== To do ==
For each line in the data below that has the word "zero", copy that line.

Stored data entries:
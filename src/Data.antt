-- ===== src/Data.antt =====
-- The crate klauthed-data.
pub mod Locks
pub mod Idempotency
pub mod RateLimit
pub mod Saga
pub mod Outbox
pub mod Pagination
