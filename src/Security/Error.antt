-- ===== src/Security/Error.antt =====
-- klauthed-security/src/error/security_error.rs: the errors of the crate, with the categories that
-- the `DomainError` derive reads off their attributes.
use rust_libraries.Prelude.{String}
use rust_libraries.Category.{ErrorCategory}

pub data SecurityError : Type 0 where
  hash : String → SecurityError
  invalid_hash : String → SecurityError
  key : String → SecurityError
  encode : String → SecurityError
  malformed_token : String → SecurityError
  invalid_token : String → SecurityError
  expired_token : SecurityError
  token_ttl_overflow : String → SecurityError
  rng : SecurityError
  session_not_found : SecurityError
  session_expired : SecurityError
  forbidden : SecurityError
  mfa_config : String → SecurityError
  invalid_mfa_code : SecurityError
  encryption : SecurityError
  decryption : SecurityError
  key_derivation : SecurityError
  webauthn_config : String → SecurityError
  webauthn : String → SecurityError
  hibp : String → SecurityError

unfoldable pub category : SecurityError → ErrorCategory
category (hash _) = ErrorCategory.internal
category (invalid_hash _) = ErrorCategory.bad_request
category (key _) = ErrorCategory.internal
category (encode _) = ErrorCategory.internal
category (malformed_token _) = ErrorCategory.bad_request
category (invalid_token _) = ErrorCategory.unauthorized
category expired_token = ErrorCategory.unauthorized
category (token_ttl_overflow _) = ErrorCategory.internal
category rng = ErrorCategory.internal
category session_not_found = ErrorCategory.not_found
category session_expired = ErrorCategory.unauthorized
category forbidden = ErrorCategory.forbidden
category (mfa_config _) = ErrorCategory.internal
category invalid_mfa_code = ErrorCategory.unauthorized
category encryption = ErrorCategory.internal
category decryption = ErrorCategory.bad_request
category key_derivation = ErrorCategory.internal
category (webauthn_config _) = ErrorCategory.internal
category (webauthn _) = ErrorCategory.unauthorized
category (hibp _) = ErrorCategory.unavailable
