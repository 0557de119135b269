-- ===== src/Security/Authz/Permission.antt =====
-- klauthed-security/src/authz/permission.rs. A permission is the list of its characters' codes.
use rust_libraries.Prelude.{
  ℕ, ◌+◌, ◌-◌, Bool, true, false, ◌&&◌, ◌||◌, none, some, List, [], ◌∷◌, ◌≡◌, refl, ◌↔◌, arith,
  length, get_elem?, ltb, eqb, eqb_iff, if◌then◌else◌, Eq, ◌==◌, subst,
}

abbrev pub Text : Type 0
Text = List ℕ

unfoldable pub text_eq : Text → Text → Bool
text_eq [] [] = true
text_eq (a ∷ s) (b ∷ t) = eqb a b && text_eq s t
text_eq _ _ = false

text_eq_refl : (s : Text) → text_eq s s ≡ true
unfolding text_eq
text_eq_refl [] = refl
text_eq_refl (a ∷ s) = ground (arith, text_eq_refl s, eqb_iff a a)

text_eq_sound : (s t : Text) → text_eq s t ≡ true → s ≡ t
unfolding text_eq
text_eq_sound [] [] h = refl
text_eq_sound [] (b ∷ t) h = ground arith
text_eq_sound (a ∷ s) [] h = ground arith
text_eq_sound (a ∷ s) (b ∷ t) h = ground (arith, text_eq_sound s t, eqb_iff a b)

pub text_eq_iff : (s t : Text) → (text_eq s t ≡ true) ↔ (s ≡ t)
text_eq_iff s t = (text_eq_sound s t, λ e. subst (λ u. text_eq s u ≡ true) e (text_eq_refl s))

instance abbrev pub text_instance : Eq Text
text_instance = record { beq = text_eq; beq_iff = text_eq_iff }

abbrev pub Permission : Type 0
Permission = Text

abbrev pub colon : ℕ
colon = b':'

abbrev pub star : Text
star = b'*' ∷ []

abbrev pub push_front : ℕ → List Text → List Text
push_front c [] = (c ∷ []) ∷ []
push_front c (s ∷ ss) = (c ∷ s) ∷ ss

-- `self.0.split(':')`: one segment more than there are colons.
unfoldable pub split : Text → List Text
split [] = [] ∷ []
split (c ∷ cs) = let rest = split cs in if eqb c colon then [] ∷ rest else push_front c rest

-- The loop over `granted.iter().enumerate()`, at the index `i`.
unfoldable pub grants_from : List Text → List Text → ℕ → List Text → Bool
grants_from granted needed i [] = eqb (length granted) (length needed)
grants_from granted needed i (g ∷ rest) =
    if g == star && eqb i (length granted - 1)
    then ltb i (length needed)
    else elim (get_elem? needed i) [
      | none ↦ false
      | some n ↦ if g == star || g == n then grants_from granted needed (i + 1) rest else false
    ]

unfoldable pub grants : Permission → Permission → Bool
grants self required =
    if self == star then true else grants_from (split self) (split required) 0 (split self)
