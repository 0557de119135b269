-- ===== src/Security/Authz/Covers.antt =====
-- What a permission grants, segment by segment.
use rust_libraries.Prelude.{
  ℕ, zero, suc, ◌+◌, ◌≤◌, ◌<◌, Bool, true, false, ◌&&◌, ◌||◌, none, some, List, [], ◌∷◌, ◌≡◌, ◌≢◌,
  refl, ◌∙◌, ap, subst, inl, inr, ◌↔◌, ◌⊎◌, arith, length, get_elem?, drop, eqb, ◌==◌, Bool-cases,
}
use rust_libraries.Security.Authz.Permission.{
  Text, text_eq_iff, text_instance, Permission, star, colon, split, push_front, grants_from, grants,
}

-- The specification: a last `*` covers one or more segments, any other `*` covers one, and any other
-- segment covers itself.
abbrev pub Covers : List Text → List Text → Type 0
Covers [] [] = Unit
Covers [] (n ∷ ns) = ⊥
Covers (g ∷ gs) [] = ⊥
Covers (g ∷ gs) (n ∷ ns) = ((g ≡ star) × (gs ≡ [])) ⊎ (((g ≡ star) ⊎ (g ≡ n)) × Covers gs ns)

-- The same by a recursion over both lists.
covers : List Text → List Text → Bool
covers [] [] = true
covers [] (n ∷ ns) = false
covers (g ∷ gs) [] = false
covers (g ∷ []) (n ∷ ns) = g == star || (g == n && covers [] ns)
covers (g ∷ h ∷ gs) (n ∷ ns) = (g == star || g == n) && covers (h ∷ gs) ns

covers_iff : (gs ns : List Text) → (covers gs ns ≡ true) ↔ Covers gs ns
unfolding covers
covers_iff [] [] = (λ h. tt, λ h. refl)
covers_iff [] (n ∷ ns) = (λ h. cc, λ h. absurd h)
covers_iff (g ∷ []) [] = (λ h. cc, λ h. absurd h)
covers_iff (g ∷ h ∷ gs) [] = (λ h. cc, λ h. absurd h)
covers_iff (g ∷ []) (n ∷ ns) = (
  λ h. ground (arith, text_eq_iff g star, text_eq_iff g n, covers_iff [] ns),
  λ h. ground (arith, text_eq_iff g star, text_eq_iff g n, covers_iff [] ns),
)
covers_iff (g ∷ h ∷ gs) (n ∷ ns) = (
  λ c. ground (arith, text_eq_iff g star, text_eq_iff g n, covers_iff (h ∷ gs) ns),
  λ c. ground (arith, text_eq_iff g star, text_eq_iff g n, covers_iff (h ∷ gs) ns),
)

module _ {A : Type 0} where
  drop_nil : (i : ℕ) (l : List A) → drop i l ≡ [] → (length l ≤ i) × (get_elem? l i ≡ none)
  drop_nil zero [] e = (omega arith, refl)
  drop_nil zero (x ∷ l) e = absurd (ground arith)
  drop_nil (suc i) [] e = (omega arith, refl)
  drop_nil (suc i) (x ∷ l) e = let (h, g) = drop_nil i l e in (omega arith, g)

  drop_cons :
      (i : ℕ) (l : List A) (n : A) (ns : List A)
      → drop i l ≡ n ∷ ns
      → (get_elem? l i ≡ some n) × (drop (suc i) l ≡ ns) × (i < length l)
  drop_cons zero [] n ns e = absurd (ground arith)
  drop_cons zero (x ∷ l) n ns e = (ground arith, ground arith, omega arith)
  drop_cons (suc i) [] n ns e = absurd (ground arith)
  drop_cons (suc i) (x ∷ l) n ns e = let (g, d, h) = drop_cons i l n ns e in (g, d, omega arith)

-- The loop at an index agrees with the recursion on what is left of both lists.
loop-covers :
    (granted needed gs ns : List Text) (i : ℕ)
    → length granted ≡ i + length gs
    → drop i needed ≡ ns
    → i ≤ length needed
    → grants_from granted needed i gs ≡ covers gs ns
unfolding grants_from covers
loop-covers granted needed [] [] i e d b = ground (arith, drop_nil i needed d)
loop-covers granted needed [] (n ∷ ns) i e d b = ground (arith, drop_cons i needed n ns d)
loop-covers granted needed (g ∷ []) [] i e d b = ground (arith, drop_nil i needed d)
loop-covers granted needed (g ∷ h ∷ gs) [] i e d b = ground (arith, drop_nil i needed d)
loop-covers granted needed (g ∷ []) (n ∷ ns) i e d b =
    let (f, r, lt) = drop_cons i needed n ns d in
    let ih = loop-covers granted needed [] ns (i + 1) (omega arith) (rw next r) (omega arith) in
    ground (arith, f, ih)
  where
    next : i + 1 ≡ suc i
    next = omega arith
loop-covers granted needed (g ∷ h ∷ gs) (n ∷ ns) i e d b =
    let (f, r, lt) = drop_cons i needed n ns d in
    let ih =
      loop-covers granted needed (h ∷ gs) ns (i + 1) (omega arith) (rw next r) (omega arith) in
    ground (arith, f, ih)
  where
    next : i + 1 ≡ suc i
    next = omega arith

grants-Covers : (p q : Permission) → (grants p q ≡ true) ↔ ((p ≡ star) ⊎ Covers (split p) (split q))
unfolding grants
grants-Covers p q = (
  λ h. ground (
    arith,
    text_eq_iff p star,
    loop-covers (split p) (split q) (split p) (split q) 0 (omega arith) refl (omega arith),
    covers_iff (split p) (split q),
  ),
  λ h. ground (
    arith,
    text_eq_iff p star,
    loop-covers (split p) (split q) (split p) (split q) 0 (omega arith) refl (omega arith),
    covers_iff (split p) (split q),
  ),
)

Covers-refl : (gs : List Text) → Covers gs gs
Covers-refl [] = tt
Covers-refl (g ∷ gs) = inr (inr refl, Covers-refl gs)

Covers-nothing : (xs : List Text) → Covers xs [] → xs ≡ []
Covers-nothing [] h = refl
Covers-nothing (x ∷ xs) h = absurd h

Covers-trans : (xs ys zs : List Text) → Covers xs ys → Covers ys zs → Covers xs zs
Covers-trans [] [] [] h k = tt
Covers-trans [] [] (z ∷ zs) h k = k
Covers-trans [] (y ∷ ys) zs h k = absurd h
Covers-trans (x ∷ xs) [] zs h k = absurd h
Covers-trans (x ∷ xs) (y ∷ ys) [] h k = absurd k
Covers-trans (x ∷ xs) (y ∷ ys) (z ∷ zs) (inl (a, b)) k = inl (a, b)
Covers-trans (x ∷ xs) (y ∷ ys) (z ∷ zs) (inr (c, t)) (inl (a, b)) =
    inl (ground arith, Covers-nothing xs (subst (Covers xs) b t))
Covers-trans (x ∷ xs) (y ∷ ys) (z ∷ zs) (inr (c, t)) (inr (d, u)) =
    inr (ground arith, Covers-trans xs ys zs t u)

split_nonempty : (p : Text) → split p ≢ []
unfolding split
split_nonempty [] e = ground arith
split_nonempty (c ∷ cs) e = push_nonempty (split cs) (ground arith)
  where
    push_nonempty : (ss : List Text) → push_front c ss ≢ []
    push_nonempty [] f = ground arith
    push_nonempty (s ∷ ss) f = ground arith

push_single :
    (c : ℕ) (ss : List Text) (s : Text)
    → push_front c ss ≡ s ∷ []
    → ss ≢ []
    → (t : Text) × (ss ≡ t ∷ []) × (c ∷ t ≡ s)
push_single c [] s e n = absurd (n refl)
push_single c (t ∷ ss) s e n = (t, ground arith, ground arith)

-- A permission of one segment has no colon.
split_single : (p s : Text) → split p ≡ s ∷ [] → p ≡ s
unfolding split
split_single [] s e = ground arith
split_single (c ∷ cs) s e = elim (Bool-cases (eqb c colon)) [
  | inl h ↦ absurd (split_nonempty cs (ground arith))
  | inr h ↦
      let (t, f, g) = push_single c (split cs) s (ground arith) (split_nonempty cs) in
      ap (λ u. c ∷ u) (split_single cs t f) ∙ g
]

only_star : (gs : List Text) → Covers gs (star ∷ []) → gs ≡ star ∷ []
only_star [] h = absurd h
only_star (g ∷ gs) (inl (a, b)) = ground arith
only_star (g ∷ gs) (inr (c, t)) = let e = Covers-nothing gs t in ground arith

Covers-star : (p : Permission) → Covers (split p) (split star) → p ≡ star
unfolding split
Covers-star p h = split_single p star (only_star (split p) h)

-- `grants` decides the specification: `*` grants everything, and otherwise the segments of the
-- granted permission cover those of the required one, a last `*` covering one or more.
pub grants_iff :
    (p q : Permission) → (grants p q ≡ true) ↔ ((p ≡ star) ⊎ Covers (split p) (split q))
grants_iff p q = grants-Covers p q

-- Every permission grants itself, and granting is transitive: what a granted permission covers as a
-- permission of its own, it covers.
pub grants_preorder :
    (p q r : Permission)
    → (grants p p ≡ true) × (grants p q ≡ true → grants q r ≡ true → grants p r ≡ true)
grants_preorder p q r = (
  (grants_iff p p).1 (inr (Covers-refl (split p))),
  λ h k. (grants_iff p r).1 (compose ((grants_iff p q).0 h) ((grants_iff q r).0 k)),
)
  where
    compose :
        (p ≡ star) ⊎ Covers (split p) (split q)
        → (q ≡ star) ⊎ Covers (split q) (split r)
        → (p ≡ star) ⊎ Covers (split p) (split r)
    compose (inl a) k = inl a
    compose (inr a) (inl b) = inl (Covers-star p (subst (λ u. Covers (split p) (split u)) b a))
    compose (inr a) (inr b) = inr (Covers-trans (split p) (split q) (split r) a b)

== Solution to this problem ==
  ℕ, zero, suc, ◌+◌, ◌≤◌, ◌<◌, Bool, true, false, ◌&&◌, ◌||◌, none, some, List, [], ◌∷◌, ◌≡◌, ◌≢◌,
  drop_nil zero [] e = (omega arith, refl)
  drop_nil zero (x ∷ l) e = absurd (ground arith)
  drop_cons zero [] n ns e = absurd (ground arith)
  drop_cons zero (x ∷ l) n ns e = (ground arith, ground arith, omega arith)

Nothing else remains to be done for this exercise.